■ Your task
Locate the line that contains "Decides-iff G H none to from d = d" in the entries below, then repeat it and every following line through the line that contains "either-Decides G H (some false) (some true)", exactly, and no others.

■ Input material
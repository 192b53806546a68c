-- ===== src/Fnmatch/Stars.antt =====
-- A run of stars means what one star does, and the loop over the ends of the string decides it.
use c_lite.Base.{
  ℕ, ◌≡◌, ◌⊎◌, inl, inr, refl, sym, ◌∙◌, Bool, true, false, [], ◌∷◌, Option, none, some, ◌==◌,
  ==→eq, if◌then◌else◌, ◌>>=◌, Bool-cases,
}
use c_lite.Text.{Bytes}
use c_lite.Memory.{NoNul}
use c_lite.Fnmatch.{skip_stars, try_ends}
use c_lite.Fnmatch.Wildcards.{Matches, done, leave, more, leave_empty, star_cases}

-- The code returns, and its answer is whether `G` holds.
unfoldable pub Decides : Type 0 → Option Bool → Type 0
Decides G none = ⊥
Decides G (some true) = G
Decides G (some false) = ¬ G

pub Decides-iff : (G H : Type 0) (o : Option Bool) → (G → H) → (H → G) → Decides G o → Decides H o
unfolding Decides
Decides-iff G H none to from d = d
Decides-iff G H (some true) to from d = to d
Decides-iff G H (some false) to from d = λ h. d (from h)

pub if-Decides :
    (G : Type 0) (c : Bool) (a b : Option Bool)
    → (c ≡ true → Decides G a)
    → (c ≡ false → Decides G b)
    → Decides G (if c then a else b)
if-Decides G true a b h k = h refl
if-Decides G false a b h k = k refl

-- One answer, and the other only where it is no.
either-Decides :
    (G H : Type 0) (now later : Option Bool)
    → Decides G now
    → Decides H later
    → Decides (G ⊎ H) (do r ← now; if r then some true else later)
unfolding Decides
either-Decides G H none later d e = d
either-Decides G H (some true) later d e = inl d
either-Decides G H (some false) none d e = e
either-Decides G H (some false) (some true) d e = inr e
either-Decides G H (some false) (some false) d e = λ h. elim h [ inl g ↦ d g | inr h ↦ e h ]

pub try_ends-Decides :
    (call : Bytes → Option Bool) (c : ℕ) (p s : Bytes)
    → c ≡ b'*'
    → NoNul s
    → ((t : Bytes) → NoNul t → Decides (Matches p t) (call t))
    → Decides (Matches (c ∷ p) s) (try_ends call false s)
unfolding try_ends
try_ends-Decides call c p [] e no_nul decided =
    Decides-iff _ _ (call []) (leave e) leave_empty (decided [] no_nul)
try_ends-Decides call c p (x ∷ s) e (nz, no_nul) decided =
    Decides-iff _ _ _ (λ h. elim h [ inl d ↦ leave e d | inr d ↦ more e d ]) (star_cases e)
      (either-Decides _ _ (call (x ∷ s)) (try_ends call false s) (decided (x ∷ s) (nz, no_nul))
        (try_ends-Decides call c p s e no_nul decided))

-- A star matches everything.
pub all_matched : (c : ℕ) (s : Bytes) → c ≡ b'*' → Matches (c ∷ []) s
all_matched c [] e = leave e done
all_matched c (x ∷ s) e = more e (all_matched c s e)

unskip : (p q s : Bytes) → q ≡ skip_stars p → Matches q s → Matches p s
unfolding skip_stars
unskip [] q s same d = rw (sym same) d
unskip (c ∷ p) q s same d = elim (Bool-cases (c == b'*')) [
  | inl e ↦ leave (==→eq c _ e) (unskip p q s (same ∙ rw e refl) d)
  | inr e ↦ let own : q ≡ c ∷ p = same ∙ rw e refl in rw (sym own) d
]

pub stars-unskip :
    (c : ℕ) (p s : Bytes) → c ≡ b'*' → Matches (c ∷ skip_stars p) s → Matches (c ∷ p) s
stars-unskip c p [] e d = leave e (unskip p _ [] refl (leave_empty d))
stars-unskip c p (x ∷ s) e d = elim (star_cases e d) [
  | inl d ↦ leave e (unskip p _ (x ∷ s) refl d)
  | inr d ↦ more e (stars-unskip c p s e d)
]

other_star : (c c' : ℕ) (p s : Bytes) → c' ≡ c → Matches (c' ∷ p) s → Matches (c ∷ p) s
other_star c c' p s e d = rw (sym e) d

one_star :
    (c c' : ℕ) (p s : Bytes) → c ≡ b'*' → c' ≡ b'*' → Matches (c ∷ c' ∷ p) s → Matches (c ∷ p) s
one_star c c' p [] e e' d = other_star c c' p [] (e' ∙ sym e) (leave_empty d)
one_star c c' p (x ∷ s) e e' d = elim (star_cases e d) [
  | inl d ↦ other_star c c' p (x ∷ s) (e' ∙ sym e) d
  | inr d ↦ more e (one_star c c' p s e e' d)
]

pub stars-skip : (c : ℕ) (p s : Bytes) → c ≡ b'*' → Matches (c ∷ p) s → Matches (c ∷ skip_stars p) s
unfolding skip_stars
stars-skip c [] s e d = d
stars-skip c (c' ∷ p) s e d = elim (Bool-cases (c' == b'*')) [
  | inl e' ↦ rw e' (stars-skip c p s e (one_star c c' p s e (==→eq c' _ e') d))
  | inr e' ↦ rw e' d
]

■ Result of the exercise
Decides-iff G H none to from d = d
Decides-iff G H (some true) to from d = to d
Decides-iff G H (some false) to from d = λ h. d (from h)

pub if-Decides :
    (G : Type 0) (c : Bool) (a b : Option Bool)
    → (c ≡ true → Decides G a)
    → (c ≡ false → Decides G b)
    → Decides G (if c then a else b)
if-Decides G true a b h k = h refl
if-Decides G false a b h k = k refl

-- One answer, and the other only where it is no.
either-Decides :
    (G H : Type 0) (now later : Option Bool)
    → Decides G now
    → Decides H later
    → Decides (G ⊎ H) (do r ← now; if r then some true else later)
unfolding Decides
either-Decides G H none later d e = d
either-Decides G H (some true) later d e = inl d
either-Decides G H (some false) none d e = e
either-Decides G H (some false) (some true) d e = inr e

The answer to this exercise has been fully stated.